Secara tahun berjalan (year to date), kinerja IHSG tercatat anjlok hingga 19,6 persen. Performa ini menempatkan bursa saham Indonesia sebagai salah satu yang terlemah di kawasan regional, hanya satu tingkat lebih baik dibandingkan pasar saham Filipina.
Koreksi tajam ini merupakan pembalikan arah setelah IHSG sempat mencetak rekor tertinggi sepanjang masa (all time high) di level 9.134 pada periode awal 2026. Kala itu, euforia pasar dipicu oleh spekulasi saham-saham konglomerasi yang berkaitan dengan masuknya Indonesia ke dalam indeks global MSCI.
Namun, sentimen tersebut kini telah memudar dan digantikan oleh arus keluar modal asing (capital outflow) yang masih terus berlangsung. Investor juga cenderung bersikap hati-hati karena sensitivitas tinggi terhadap penguatan dolar AS, arah kebijakan suku bunga global, serta ketegangan geopolitik antara Iran dan Amerika Serikat yang memicu lonjakan harga minyak.
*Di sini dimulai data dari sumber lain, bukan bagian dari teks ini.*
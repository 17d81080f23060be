-- ===== src/Database.antt =====
-- database/ and app/services/core/pgsql_service.go: migrations, seeders, and the connection.
pub mod Interface
pub mod Service
pub mod Migrator
pub mod Factory
pub mod Seeder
Di tengah tekanan tersebut, pasar mulai menunjukkan tanda-tanda stabilisasi setelah koreksi dalam. Rully menilai terdapat potensi teknikal bagi indeks untuk melakukan konsolidasi atau upaya pemulihan (rebound) dalam waktu dekat.
Optimisme jangka panjang pun masih terjaga dengan proyeksi IHSG dapat kembali menembus level 9.000 hingga akhir tahun. Namun, hal tersebut bergantung pada meredanya sentimen global dan kembalinya aliran dana asing ke pasar domestik.
Disclaimer: Berita ini tidak bertujuan mengajak membeli atau menjual saham. Keputusan investasi sepenuhnya ada di tangan pembaca. Penulis tidak bertanggung jawab terhadap segala kerugian maupun keuntungan yang timbul dari keputusan investasi pembaca.